Today marks the launch of Amazon EBS (Elastic Block Store), the long awaited persistent storage service for EC2. Details can be found on the EC2 detail page, the press release and Jeff Barr's posting over on the AWS evangelists blog. Also the folks at Rightscale have two detailed postings: why Amazon EBS matters and Amazon EBS explained.
With the launch of the Elastic Block Store we complete an important milestone in offering a complete suite of storage solutions as part of the Amazon Infrastructure Services. Back in the days when we made the architectural decision to virtualize the internal Amazon infrastructure one of the first steps we took was a deep analysis of the way that storage was used by the internal Amazon services. We had to make sure that the infrastructure storage solutions we were going to develop would be highly effective for developers by addressing the most common patterns first. That analysis led us to three top patterns:
- Key-Value storage. The majority of the Amazon storage patterns were based on primary key access leading to single value or object. This pattern led to the development of Amazon S3.
- Simple Structured Data storage. A second large category of storage patterns were satisfied by access to simple query interface into structured datasets. Fast indexing allows high-speed lookups over large dataset. This pattern led to the development of Amazon SimpleDB. A common pattern we see is that secondary keys to objects stored in Amazon S3 are stored in SimpleDB, where lookups result in sets of S3 (primary) keys.
- Block storage. The remaining bucket holds a variety of storage patterns ranging special file systems such as ZFS to applications managing their own block storage (e.g. cache servers) to relational databases. This category is served by Amazon EBS which provides the fundamental building block for implementing a variety of storage patterns.
I have written before about the basic features of Amazon EBS:
- Amazon EBS will be offered in the form of storage volumes which you can mount into your EC2 instance as a raw block storage device. It basically looks like an unformatted hard disk. Once you have the volume mounted for the first time you can format it with any file system you want or if you have advanced applications such as high-end database engines, you could use it directly.
- Developers can create multiple volumes, in size ranging from 1 GB to 1TB. This volume will be created within a specified Availability Zone and will be accessible by your EC2 instances running in that Availability Zone. As to be expected with a volume abstraction only one instance can have the volume mounted at any given time. Volumes can migrate and be reattached to other instances if necessary for failure handling or application migration reasons.

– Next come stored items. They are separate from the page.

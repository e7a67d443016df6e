-- ===== src/Json/Stream/Settles.antt =====
-- `ordered_stream` (src/json/parse.rs) answers for every text.
use colander.Prelude.{Str, ◌∙◌, ap, inl, inr, map_ok}
use colander.Json.Write.{ordered}
use colander.Json.Parse.Total.{Settles, parse-Settles}
use colander.Json.Stream.{ordered_stream}
use colander.Json.Stream.Correct.{ordered_stream-parse}

-- For every text the one-pass writer returns a text or an error.
pub ordered_stream-Settles : (text : Str) → Settles (ordered_stream text)
ordered_stream-Settles text = elim (parse-Settles text) [
  | inl (v, e) ↦ inl (ordered v, ordered_stream-parse text ∙ ap (map_ok ordered) e)
  | inr (message, e) ↦ inr (message, ordered_stream-parse text ∙ ap (map_ok ordered) e)
]
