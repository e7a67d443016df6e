-- ===== src/Json/Tests.antt =====
-- Runs of src/json on concrete texts, and the theorems at concrete inputs.
use colander.Prelude.{◌≡◌, refl, Str, codes, ok, fail, str_eq, map_ok, [], ◌++◌}
use colander.Text.Utf8.{as_bytes, from_utf8}
use colander.Text.Decimal.{show_nat}
use colander.Json.{Json, null, number, string, array, object, nil, cons, empty, entry, push}
use colander.Json.Map.{insert}
use colander.Json.Escape.{
  is_unescaped, hex_digit, escape_each, write_string_body-escape_each, write_u16_escape,
  write_units, write_char_escaped, write_string_body, write_string,
}
use colander.Json.Write.{ordered, canonical, join_written, sort_by_key, key_le}
use colander.Json.Input.{skip, expect, read_literal, error, peek, require, over}
use colander.Json.Numbers.{scan_number}
use colander.Json.Strings.{
  value, escaped, read_string, parse_string, parse_escape, parse_unicode_escape, parse_hex4,
  sink_push_str, sink_push_char, at_stop,
}
use colander.Json.Parse.{
  parse, parse_value, guarded_value, lead, enter, member_round, item_round, after_value, unexpected,
}
use colander.Json.Strings.Sinks.{read_string-over}
use colander.Json.Stream.{ordered_stream}
use colander.Json.Stream.Correct.{ordered_stream-parse}
use colander.Json.Stream.Settles.{ordered_stream-Settles}
use colander.Json.Parse.Total.{Settles, parse-Settles}

abbrev sample : Json
sample = object (
    entry (codes "b") (array (cons (number (codes "1.50")) (cons null nil)))
      (entry (codes "a") (string (codes "x<\n")) empty))

ordered_run : ordered sample ≡ codes "{\"b\":[1.50,null],\"a\":\"x\\u003C\\n\"}"
unfolding ordered write_string write_string_body is_unescaped write_char_escaped write_units
    write_u16_escape
ordered_run = refl

canonical_run : canonical sample ≡ codes "{\"a\":\"x\\u003C\\n\",\"b\":[1.50,null]}"
unfolding canonical write_string join_written sort_by_key key_le as_bytes write_string_body
    is_unescaped write_char_escaped write_units write_u16_escape
canonical_run = refl

parse_run : parse (codes " {\"b\" : [1.50, null], \"a\":\"x<\\n\"}") ≡ ok sample
unfolding parse parse_value guarded_value lead enter member_round item_round after_value skip expect
    read_literal scan_number as_bytes from_utf8 parse_string read_string at_stop parse_escape
    sink_push_str sink_push_char insert push str_eq require
parse_run = refl

plus_sign_run : parse (codes "\"\\u+041\"") ≡ ok (string (codes "A"))
unfolding parse parse_value guarded_value lead skip as_bytes from_utf8 parse_string read_string
    at_stop parse_escape sink_push_str sink_push_char parse_unicode_escape parse_hex4 peek expect
    require
plus_sign_run = refl

trailing_comma : parse (codes "[1,]") ≡ fail (codes "unexpected byte 0x5D at byte offset 3.")
unfolding parse parse_value guarded_value lead enter item_round after_value skip expect scan_number
    as_bytes from_utf8 error show_nat unexpected hex_digit
trailing_comma = refl

abbrev repeated_key : Str
repeated_key = codes "{\"a\":1, \"b\":{\"a\":[]}, \"a\":2}"

ordered_stream-parse_example : ordered_stream repeated_key ≡ map_ok ordered (parse repeated_key)
ordered_stream-parse_example = ordered_stream-parse repeated_key

read_string-over_example :
    read_string escaped (codes "{") (record { rest = codes "\"a<\"}"; position = 1 })
    ≡ over
        (λ s. codes "{" ++ write_string_body s)
        (read_string value [] (record { rest = codes "\"a<\"}"; position = 1 }))
read_string-over_example =
    read_string-over (codes "{") (record { rest = codes "\"a<\"}"; position = 1 })

write_string_body-escape_each_example :
    write_string_body (codes "a<b\"") ≡ escape_each (codes "a<b\"")
write_string_body-escape_each_example = write_string_body-escape_each (codes "a<b\"")

parse-Settles_example : Settles (parse repeated_key)
parse-Settles_example = parse-Settles repeated_key

ordered_stream-Settles_example : Settles (ordered_stream repeated_key)
ordered_stream-Settles_example = ordered_stream-Settles repeated_key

- The consistency of data written to this device is similar to that of other local and network-attached devices; it is under control of the developer when and how to force flush data to disk if you want to bypass the traditional lazy-writer functionality in the operating systems file-cache. Because of the session oriented model for access to the volume you do not need to worry about eventual consistency issues.
However Amazon EBS isn't just a massive volume storage array within an Availability Zone, it provides a unique feature that allows for the creation of novel storage management scenarios: the ability to create snapshots and store those snapshots into Amazon S3. These snapshots can then be used as the starting point for creating new volumes within any availability zone.
We see developers use this feature for long term backup purposes, for use in rollback strategies, for (world-wide) volume re-creation purposes. Snapshots also play an important role in building fault-tolerance scenarios when combined with managing applications using Elastic IP addresses and Availability Zones.
Congratulations to the EBS team for delivering a great service that will help a lot of EC2 customers managing their storage efficiently.